RECORDS SUPPLIED
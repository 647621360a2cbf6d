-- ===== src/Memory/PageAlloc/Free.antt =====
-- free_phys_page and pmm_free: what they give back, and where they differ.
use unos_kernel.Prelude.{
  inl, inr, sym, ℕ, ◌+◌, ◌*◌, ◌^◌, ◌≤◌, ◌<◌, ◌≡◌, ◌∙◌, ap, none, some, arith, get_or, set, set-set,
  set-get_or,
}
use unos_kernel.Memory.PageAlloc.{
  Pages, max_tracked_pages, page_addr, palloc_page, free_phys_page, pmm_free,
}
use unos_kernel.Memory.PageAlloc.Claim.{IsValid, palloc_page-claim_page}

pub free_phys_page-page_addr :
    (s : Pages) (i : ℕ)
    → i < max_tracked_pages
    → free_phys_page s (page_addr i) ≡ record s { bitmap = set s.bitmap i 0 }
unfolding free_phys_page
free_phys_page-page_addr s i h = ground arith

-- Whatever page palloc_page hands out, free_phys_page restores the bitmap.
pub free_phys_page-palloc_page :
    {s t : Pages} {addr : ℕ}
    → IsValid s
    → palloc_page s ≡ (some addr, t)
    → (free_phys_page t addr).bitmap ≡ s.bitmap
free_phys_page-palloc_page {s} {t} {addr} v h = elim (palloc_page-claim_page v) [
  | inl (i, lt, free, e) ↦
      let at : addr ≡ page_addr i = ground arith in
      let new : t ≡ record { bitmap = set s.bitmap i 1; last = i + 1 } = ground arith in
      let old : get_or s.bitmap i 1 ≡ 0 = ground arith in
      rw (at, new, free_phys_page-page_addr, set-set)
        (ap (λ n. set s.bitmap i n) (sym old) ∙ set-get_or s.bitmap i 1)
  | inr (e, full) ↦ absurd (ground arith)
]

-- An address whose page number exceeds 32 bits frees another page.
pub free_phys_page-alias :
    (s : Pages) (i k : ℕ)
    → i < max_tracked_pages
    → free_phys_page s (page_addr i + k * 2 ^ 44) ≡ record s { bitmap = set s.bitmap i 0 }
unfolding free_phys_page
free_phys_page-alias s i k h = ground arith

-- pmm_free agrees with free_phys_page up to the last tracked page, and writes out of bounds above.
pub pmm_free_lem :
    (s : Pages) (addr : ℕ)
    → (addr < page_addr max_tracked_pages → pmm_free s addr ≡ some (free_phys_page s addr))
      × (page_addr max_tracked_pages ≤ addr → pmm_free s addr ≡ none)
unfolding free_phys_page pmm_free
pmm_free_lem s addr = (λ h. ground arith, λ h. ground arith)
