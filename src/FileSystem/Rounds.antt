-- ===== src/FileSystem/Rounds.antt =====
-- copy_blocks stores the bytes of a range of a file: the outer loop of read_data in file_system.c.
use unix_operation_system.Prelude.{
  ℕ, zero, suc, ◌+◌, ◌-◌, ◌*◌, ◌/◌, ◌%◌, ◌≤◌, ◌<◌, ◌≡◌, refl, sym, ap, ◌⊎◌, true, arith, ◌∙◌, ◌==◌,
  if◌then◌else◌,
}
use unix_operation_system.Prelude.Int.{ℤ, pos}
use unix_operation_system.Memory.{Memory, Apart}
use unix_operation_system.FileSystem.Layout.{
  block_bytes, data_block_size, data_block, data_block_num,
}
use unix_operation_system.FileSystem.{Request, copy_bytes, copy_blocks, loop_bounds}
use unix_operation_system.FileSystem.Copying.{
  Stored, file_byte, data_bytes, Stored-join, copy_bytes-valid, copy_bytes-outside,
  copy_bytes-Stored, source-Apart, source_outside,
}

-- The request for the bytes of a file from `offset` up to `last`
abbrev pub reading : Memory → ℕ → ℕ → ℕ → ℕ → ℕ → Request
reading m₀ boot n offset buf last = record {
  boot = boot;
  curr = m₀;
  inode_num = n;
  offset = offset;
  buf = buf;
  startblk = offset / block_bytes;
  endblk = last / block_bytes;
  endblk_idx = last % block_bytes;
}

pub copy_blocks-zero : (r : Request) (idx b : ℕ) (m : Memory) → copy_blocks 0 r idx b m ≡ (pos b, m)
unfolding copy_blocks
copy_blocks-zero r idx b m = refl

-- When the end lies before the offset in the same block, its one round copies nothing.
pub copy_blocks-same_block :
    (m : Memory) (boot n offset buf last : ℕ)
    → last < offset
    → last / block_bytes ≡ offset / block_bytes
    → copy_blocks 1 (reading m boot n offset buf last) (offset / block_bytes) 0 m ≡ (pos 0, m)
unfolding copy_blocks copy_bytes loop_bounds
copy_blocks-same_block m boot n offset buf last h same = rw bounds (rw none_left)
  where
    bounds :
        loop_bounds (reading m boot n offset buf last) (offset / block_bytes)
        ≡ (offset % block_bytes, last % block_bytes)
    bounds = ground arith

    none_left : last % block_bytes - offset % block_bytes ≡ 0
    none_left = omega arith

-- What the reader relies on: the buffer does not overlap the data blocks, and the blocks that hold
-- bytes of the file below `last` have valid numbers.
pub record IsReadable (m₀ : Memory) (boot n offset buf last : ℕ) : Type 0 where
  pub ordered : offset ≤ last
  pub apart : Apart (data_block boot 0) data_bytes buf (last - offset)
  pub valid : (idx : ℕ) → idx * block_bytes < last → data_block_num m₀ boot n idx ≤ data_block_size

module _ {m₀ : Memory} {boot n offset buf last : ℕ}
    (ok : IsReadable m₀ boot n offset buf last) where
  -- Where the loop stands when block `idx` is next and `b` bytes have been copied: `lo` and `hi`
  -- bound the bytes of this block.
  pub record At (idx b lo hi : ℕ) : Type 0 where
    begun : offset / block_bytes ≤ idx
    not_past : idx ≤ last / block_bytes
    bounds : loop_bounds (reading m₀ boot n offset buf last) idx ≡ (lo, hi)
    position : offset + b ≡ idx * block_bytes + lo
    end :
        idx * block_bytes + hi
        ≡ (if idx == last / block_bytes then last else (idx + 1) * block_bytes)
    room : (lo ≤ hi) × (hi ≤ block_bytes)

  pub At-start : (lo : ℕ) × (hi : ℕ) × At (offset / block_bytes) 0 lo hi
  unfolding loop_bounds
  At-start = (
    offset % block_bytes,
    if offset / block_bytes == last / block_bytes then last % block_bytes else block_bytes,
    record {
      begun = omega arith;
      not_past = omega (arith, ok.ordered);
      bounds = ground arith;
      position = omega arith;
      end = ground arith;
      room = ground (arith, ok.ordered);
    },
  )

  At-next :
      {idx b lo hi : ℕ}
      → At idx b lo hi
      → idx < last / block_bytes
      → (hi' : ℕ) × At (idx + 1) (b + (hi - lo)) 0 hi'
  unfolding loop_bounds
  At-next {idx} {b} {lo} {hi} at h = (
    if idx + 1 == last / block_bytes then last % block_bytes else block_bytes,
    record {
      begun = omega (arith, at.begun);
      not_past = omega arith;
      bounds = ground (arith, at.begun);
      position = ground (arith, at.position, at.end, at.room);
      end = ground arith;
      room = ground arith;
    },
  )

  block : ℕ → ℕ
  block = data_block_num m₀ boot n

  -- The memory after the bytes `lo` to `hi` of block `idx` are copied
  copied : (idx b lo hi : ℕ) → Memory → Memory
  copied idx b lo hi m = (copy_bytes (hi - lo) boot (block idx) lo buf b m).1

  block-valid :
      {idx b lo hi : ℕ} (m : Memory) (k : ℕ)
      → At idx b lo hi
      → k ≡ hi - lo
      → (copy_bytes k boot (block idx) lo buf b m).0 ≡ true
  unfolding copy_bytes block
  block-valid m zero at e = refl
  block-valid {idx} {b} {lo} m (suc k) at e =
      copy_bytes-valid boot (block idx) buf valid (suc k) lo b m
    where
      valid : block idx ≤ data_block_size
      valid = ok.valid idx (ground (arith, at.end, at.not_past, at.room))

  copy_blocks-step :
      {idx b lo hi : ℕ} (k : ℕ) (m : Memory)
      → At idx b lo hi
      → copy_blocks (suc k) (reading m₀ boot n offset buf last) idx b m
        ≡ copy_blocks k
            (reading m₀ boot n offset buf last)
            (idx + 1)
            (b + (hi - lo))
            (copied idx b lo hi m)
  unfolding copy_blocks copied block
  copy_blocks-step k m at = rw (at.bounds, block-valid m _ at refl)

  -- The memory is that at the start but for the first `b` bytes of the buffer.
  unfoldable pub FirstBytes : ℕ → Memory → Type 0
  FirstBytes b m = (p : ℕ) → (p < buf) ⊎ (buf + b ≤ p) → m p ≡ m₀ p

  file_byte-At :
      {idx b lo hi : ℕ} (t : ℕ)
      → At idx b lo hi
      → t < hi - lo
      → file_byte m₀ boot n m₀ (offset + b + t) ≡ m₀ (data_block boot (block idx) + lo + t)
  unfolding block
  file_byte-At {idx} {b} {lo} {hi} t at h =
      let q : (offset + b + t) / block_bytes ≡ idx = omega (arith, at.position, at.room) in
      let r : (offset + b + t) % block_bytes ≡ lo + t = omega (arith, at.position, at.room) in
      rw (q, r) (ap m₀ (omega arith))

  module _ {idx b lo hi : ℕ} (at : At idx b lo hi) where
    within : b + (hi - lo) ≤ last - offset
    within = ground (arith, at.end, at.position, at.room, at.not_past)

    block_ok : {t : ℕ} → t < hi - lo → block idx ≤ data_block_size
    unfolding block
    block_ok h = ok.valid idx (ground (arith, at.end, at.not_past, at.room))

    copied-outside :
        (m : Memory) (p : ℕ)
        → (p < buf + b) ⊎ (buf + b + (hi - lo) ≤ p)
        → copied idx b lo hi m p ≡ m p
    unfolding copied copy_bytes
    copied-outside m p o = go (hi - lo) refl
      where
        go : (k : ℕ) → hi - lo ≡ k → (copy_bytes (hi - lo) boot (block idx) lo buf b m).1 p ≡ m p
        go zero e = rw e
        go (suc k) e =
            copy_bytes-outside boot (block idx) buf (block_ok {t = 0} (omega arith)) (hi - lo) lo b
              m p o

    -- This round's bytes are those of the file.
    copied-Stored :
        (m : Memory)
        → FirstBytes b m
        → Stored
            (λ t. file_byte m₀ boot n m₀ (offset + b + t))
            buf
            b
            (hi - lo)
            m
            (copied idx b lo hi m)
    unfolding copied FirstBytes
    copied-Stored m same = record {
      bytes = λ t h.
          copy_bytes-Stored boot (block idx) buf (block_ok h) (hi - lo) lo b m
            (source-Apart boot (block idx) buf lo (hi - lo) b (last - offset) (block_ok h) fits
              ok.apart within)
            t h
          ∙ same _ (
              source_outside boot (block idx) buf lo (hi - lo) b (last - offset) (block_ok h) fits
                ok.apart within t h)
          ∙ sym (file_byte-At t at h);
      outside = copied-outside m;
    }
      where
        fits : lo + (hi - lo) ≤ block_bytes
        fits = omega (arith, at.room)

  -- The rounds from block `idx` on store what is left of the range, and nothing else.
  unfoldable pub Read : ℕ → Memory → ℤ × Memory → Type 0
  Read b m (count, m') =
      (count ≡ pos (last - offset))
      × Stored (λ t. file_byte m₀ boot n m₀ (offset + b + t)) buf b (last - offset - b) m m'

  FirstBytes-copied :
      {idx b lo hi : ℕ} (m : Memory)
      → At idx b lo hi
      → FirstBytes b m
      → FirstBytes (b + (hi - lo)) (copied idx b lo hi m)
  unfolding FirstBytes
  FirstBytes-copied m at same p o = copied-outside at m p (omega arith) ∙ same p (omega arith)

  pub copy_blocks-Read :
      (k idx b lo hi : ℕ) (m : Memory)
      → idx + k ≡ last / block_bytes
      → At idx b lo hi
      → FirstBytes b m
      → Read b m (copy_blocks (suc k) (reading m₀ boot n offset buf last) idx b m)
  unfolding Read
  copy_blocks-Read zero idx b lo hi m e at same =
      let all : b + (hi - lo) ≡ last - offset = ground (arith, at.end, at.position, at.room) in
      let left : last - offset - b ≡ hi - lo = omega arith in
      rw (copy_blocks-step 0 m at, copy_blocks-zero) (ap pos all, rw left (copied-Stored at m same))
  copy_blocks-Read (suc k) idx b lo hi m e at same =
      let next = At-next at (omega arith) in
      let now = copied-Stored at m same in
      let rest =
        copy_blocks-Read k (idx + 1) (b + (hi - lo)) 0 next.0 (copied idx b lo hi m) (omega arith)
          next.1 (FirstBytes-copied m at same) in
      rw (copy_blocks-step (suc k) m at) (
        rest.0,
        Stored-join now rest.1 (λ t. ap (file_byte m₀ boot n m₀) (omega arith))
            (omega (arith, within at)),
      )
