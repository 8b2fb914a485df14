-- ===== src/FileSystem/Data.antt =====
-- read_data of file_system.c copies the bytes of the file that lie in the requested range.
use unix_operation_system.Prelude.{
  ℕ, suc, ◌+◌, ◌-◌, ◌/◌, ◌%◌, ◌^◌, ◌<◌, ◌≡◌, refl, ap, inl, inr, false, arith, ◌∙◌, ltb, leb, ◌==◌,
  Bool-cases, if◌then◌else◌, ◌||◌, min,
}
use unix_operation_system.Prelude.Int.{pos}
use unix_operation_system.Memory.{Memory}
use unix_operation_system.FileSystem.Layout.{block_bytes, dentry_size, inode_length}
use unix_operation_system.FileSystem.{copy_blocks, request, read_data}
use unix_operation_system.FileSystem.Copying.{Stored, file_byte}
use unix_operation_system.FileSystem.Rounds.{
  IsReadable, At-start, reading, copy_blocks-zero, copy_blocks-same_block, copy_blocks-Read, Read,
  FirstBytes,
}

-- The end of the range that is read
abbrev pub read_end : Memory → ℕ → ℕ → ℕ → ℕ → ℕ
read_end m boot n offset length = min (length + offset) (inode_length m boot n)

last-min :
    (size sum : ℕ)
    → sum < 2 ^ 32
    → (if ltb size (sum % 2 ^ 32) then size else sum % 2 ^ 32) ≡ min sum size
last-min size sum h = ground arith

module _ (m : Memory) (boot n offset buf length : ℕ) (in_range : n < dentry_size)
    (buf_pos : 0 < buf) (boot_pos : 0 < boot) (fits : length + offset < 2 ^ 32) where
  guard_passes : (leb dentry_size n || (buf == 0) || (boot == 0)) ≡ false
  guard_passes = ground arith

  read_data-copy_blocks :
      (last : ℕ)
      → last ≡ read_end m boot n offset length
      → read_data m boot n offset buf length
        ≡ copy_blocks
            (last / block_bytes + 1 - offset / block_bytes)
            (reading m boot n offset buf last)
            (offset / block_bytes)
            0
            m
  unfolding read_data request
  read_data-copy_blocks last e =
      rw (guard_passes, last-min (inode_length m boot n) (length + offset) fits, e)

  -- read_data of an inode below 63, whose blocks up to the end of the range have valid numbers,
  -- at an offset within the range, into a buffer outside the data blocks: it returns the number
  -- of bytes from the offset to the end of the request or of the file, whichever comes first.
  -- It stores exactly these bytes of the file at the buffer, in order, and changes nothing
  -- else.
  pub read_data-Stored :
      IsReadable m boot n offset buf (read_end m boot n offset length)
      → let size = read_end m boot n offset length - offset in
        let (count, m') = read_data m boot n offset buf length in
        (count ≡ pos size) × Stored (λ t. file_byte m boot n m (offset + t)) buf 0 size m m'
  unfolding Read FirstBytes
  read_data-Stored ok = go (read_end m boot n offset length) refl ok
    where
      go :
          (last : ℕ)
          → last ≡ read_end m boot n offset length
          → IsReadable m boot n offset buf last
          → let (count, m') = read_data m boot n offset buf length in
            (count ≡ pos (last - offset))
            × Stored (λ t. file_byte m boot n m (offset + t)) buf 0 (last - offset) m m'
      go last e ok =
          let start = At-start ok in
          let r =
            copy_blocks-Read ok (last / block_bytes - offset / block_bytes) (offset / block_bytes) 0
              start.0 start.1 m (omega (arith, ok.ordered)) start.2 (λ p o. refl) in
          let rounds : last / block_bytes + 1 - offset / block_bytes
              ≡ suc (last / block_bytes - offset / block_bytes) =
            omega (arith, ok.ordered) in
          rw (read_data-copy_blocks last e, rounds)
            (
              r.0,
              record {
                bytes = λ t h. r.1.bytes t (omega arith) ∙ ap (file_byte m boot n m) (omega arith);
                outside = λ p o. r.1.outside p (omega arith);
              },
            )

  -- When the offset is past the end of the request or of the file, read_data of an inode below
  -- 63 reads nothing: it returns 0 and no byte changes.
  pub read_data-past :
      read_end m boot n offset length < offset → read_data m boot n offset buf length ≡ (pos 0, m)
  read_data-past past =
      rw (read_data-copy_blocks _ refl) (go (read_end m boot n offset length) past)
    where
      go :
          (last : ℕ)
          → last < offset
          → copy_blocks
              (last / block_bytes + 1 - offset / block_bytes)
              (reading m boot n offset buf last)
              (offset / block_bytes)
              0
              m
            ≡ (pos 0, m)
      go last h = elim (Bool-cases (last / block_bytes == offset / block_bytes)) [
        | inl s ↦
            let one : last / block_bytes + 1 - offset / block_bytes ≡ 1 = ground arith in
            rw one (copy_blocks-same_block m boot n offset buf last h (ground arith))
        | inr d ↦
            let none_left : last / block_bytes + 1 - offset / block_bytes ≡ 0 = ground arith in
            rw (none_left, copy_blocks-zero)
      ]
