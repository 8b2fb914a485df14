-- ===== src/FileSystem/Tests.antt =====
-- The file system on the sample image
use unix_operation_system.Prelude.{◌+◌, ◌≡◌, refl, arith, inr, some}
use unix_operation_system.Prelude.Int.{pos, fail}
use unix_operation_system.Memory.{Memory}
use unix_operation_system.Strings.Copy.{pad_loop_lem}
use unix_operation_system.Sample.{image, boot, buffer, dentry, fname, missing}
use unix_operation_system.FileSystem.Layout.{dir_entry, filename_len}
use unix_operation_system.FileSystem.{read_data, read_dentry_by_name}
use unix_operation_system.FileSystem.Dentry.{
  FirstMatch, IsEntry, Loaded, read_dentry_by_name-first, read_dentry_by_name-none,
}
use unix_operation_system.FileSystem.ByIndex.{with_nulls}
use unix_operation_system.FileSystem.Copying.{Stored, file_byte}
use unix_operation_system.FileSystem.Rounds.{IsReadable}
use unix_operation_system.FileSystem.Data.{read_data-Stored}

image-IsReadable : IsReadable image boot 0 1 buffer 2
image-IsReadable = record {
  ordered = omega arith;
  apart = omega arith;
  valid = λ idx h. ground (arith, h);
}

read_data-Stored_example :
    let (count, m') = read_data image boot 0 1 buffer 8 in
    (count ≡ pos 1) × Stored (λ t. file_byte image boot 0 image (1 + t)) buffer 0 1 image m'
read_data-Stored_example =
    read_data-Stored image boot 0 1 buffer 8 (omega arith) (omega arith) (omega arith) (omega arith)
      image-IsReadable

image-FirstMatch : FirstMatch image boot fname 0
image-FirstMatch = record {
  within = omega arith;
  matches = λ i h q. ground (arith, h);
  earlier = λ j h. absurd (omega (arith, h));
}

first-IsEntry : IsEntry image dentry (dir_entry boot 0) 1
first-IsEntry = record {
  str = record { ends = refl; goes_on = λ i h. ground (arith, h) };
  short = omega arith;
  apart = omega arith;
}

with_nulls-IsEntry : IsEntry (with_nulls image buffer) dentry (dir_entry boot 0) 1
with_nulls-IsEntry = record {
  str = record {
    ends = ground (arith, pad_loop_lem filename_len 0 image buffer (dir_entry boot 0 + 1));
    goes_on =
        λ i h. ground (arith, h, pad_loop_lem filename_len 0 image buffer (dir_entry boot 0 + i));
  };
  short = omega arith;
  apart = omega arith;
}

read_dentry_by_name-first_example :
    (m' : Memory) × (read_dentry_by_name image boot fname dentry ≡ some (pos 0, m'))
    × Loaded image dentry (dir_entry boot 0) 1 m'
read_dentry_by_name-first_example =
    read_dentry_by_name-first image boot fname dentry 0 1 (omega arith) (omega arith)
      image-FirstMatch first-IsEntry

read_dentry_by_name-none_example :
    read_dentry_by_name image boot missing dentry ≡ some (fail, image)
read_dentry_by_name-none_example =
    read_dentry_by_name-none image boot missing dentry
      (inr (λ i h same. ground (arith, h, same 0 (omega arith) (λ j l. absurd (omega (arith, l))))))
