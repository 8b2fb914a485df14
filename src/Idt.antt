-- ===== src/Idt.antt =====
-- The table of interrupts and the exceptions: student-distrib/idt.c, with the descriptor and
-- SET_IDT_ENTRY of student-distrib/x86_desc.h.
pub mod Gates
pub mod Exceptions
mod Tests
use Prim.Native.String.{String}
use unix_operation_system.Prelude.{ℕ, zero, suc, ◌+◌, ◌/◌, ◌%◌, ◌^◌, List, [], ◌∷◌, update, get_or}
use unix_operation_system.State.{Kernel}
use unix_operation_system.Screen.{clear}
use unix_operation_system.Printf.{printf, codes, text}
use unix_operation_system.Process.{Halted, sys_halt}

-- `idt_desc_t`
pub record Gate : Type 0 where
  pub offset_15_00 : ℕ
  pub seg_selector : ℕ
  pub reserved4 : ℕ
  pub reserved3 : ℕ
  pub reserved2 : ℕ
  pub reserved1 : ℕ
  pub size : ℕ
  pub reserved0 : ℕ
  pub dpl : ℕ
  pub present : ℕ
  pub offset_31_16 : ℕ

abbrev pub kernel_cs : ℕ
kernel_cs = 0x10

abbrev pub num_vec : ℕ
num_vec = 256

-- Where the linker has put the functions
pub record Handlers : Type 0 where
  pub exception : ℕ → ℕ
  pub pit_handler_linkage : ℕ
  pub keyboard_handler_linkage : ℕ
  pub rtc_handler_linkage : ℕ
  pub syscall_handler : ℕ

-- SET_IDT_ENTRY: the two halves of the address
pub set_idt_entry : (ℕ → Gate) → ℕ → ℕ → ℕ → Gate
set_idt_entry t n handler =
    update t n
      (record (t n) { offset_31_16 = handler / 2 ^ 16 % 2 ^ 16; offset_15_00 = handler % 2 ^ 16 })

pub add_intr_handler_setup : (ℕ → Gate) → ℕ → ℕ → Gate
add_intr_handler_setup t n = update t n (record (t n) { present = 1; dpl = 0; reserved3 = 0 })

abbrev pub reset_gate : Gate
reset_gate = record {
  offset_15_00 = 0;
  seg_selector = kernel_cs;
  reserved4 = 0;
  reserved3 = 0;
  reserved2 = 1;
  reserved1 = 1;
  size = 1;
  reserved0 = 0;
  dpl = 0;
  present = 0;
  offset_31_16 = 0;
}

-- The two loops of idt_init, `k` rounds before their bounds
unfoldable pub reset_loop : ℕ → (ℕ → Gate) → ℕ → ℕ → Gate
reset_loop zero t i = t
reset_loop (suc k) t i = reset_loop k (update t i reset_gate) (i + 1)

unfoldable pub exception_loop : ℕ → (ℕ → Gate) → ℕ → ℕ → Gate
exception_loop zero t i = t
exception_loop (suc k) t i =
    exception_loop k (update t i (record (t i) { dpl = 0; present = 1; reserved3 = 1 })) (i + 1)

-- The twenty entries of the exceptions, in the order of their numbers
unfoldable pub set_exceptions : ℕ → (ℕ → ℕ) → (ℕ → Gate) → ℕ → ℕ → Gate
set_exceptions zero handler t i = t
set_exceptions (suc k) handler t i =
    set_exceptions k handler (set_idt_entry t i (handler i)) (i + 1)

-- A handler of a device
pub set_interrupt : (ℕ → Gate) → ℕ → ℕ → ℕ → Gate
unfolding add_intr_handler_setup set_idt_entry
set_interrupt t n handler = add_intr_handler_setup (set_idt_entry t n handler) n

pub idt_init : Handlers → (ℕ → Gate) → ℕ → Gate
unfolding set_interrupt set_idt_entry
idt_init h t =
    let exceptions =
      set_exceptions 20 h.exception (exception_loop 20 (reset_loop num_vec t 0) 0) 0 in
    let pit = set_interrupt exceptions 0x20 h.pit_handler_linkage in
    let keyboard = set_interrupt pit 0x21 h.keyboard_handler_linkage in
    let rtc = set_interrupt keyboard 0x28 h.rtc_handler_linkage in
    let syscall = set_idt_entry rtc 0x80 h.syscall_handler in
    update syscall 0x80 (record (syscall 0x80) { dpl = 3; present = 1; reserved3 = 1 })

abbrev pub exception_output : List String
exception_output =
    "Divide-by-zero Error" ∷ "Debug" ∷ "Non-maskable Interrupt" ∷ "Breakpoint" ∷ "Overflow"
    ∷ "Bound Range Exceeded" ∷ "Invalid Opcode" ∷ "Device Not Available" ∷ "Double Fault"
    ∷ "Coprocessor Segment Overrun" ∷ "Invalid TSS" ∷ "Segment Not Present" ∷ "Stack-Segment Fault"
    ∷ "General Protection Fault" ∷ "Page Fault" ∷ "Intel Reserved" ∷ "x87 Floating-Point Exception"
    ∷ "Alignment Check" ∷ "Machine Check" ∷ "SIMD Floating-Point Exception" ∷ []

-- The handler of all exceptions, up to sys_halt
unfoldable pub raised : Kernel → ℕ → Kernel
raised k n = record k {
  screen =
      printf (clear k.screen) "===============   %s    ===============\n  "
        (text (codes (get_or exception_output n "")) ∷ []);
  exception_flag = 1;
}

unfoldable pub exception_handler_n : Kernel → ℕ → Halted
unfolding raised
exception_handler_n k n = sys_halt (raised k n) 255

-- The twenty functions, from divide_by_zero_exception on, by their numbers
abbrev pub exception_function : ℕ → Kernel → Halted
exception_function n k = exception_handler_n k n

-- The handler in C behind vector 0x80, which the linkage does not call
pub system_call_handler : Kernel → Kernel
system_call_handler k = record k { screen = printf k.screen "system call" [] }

TASK DETAILS
If a line in the records above includes the string "abbrev", copy it.

EXERCISE RESULT
abbrev pub reading : Memory → ℕ → ℕ → ℕ → ℕ → ℕ → Request
abbrev pub read_end : Memory → ℕ → ℕ → ℕ → ℕ → ℕ
abbrev pub kernel_cs : ℕ
abbrev pub num_vec : ℕ
abbrev pub reset_gate : Gate
abbrev pub exception_output : List String
abbrev pub exception_function : ℕ → Kernel → Halted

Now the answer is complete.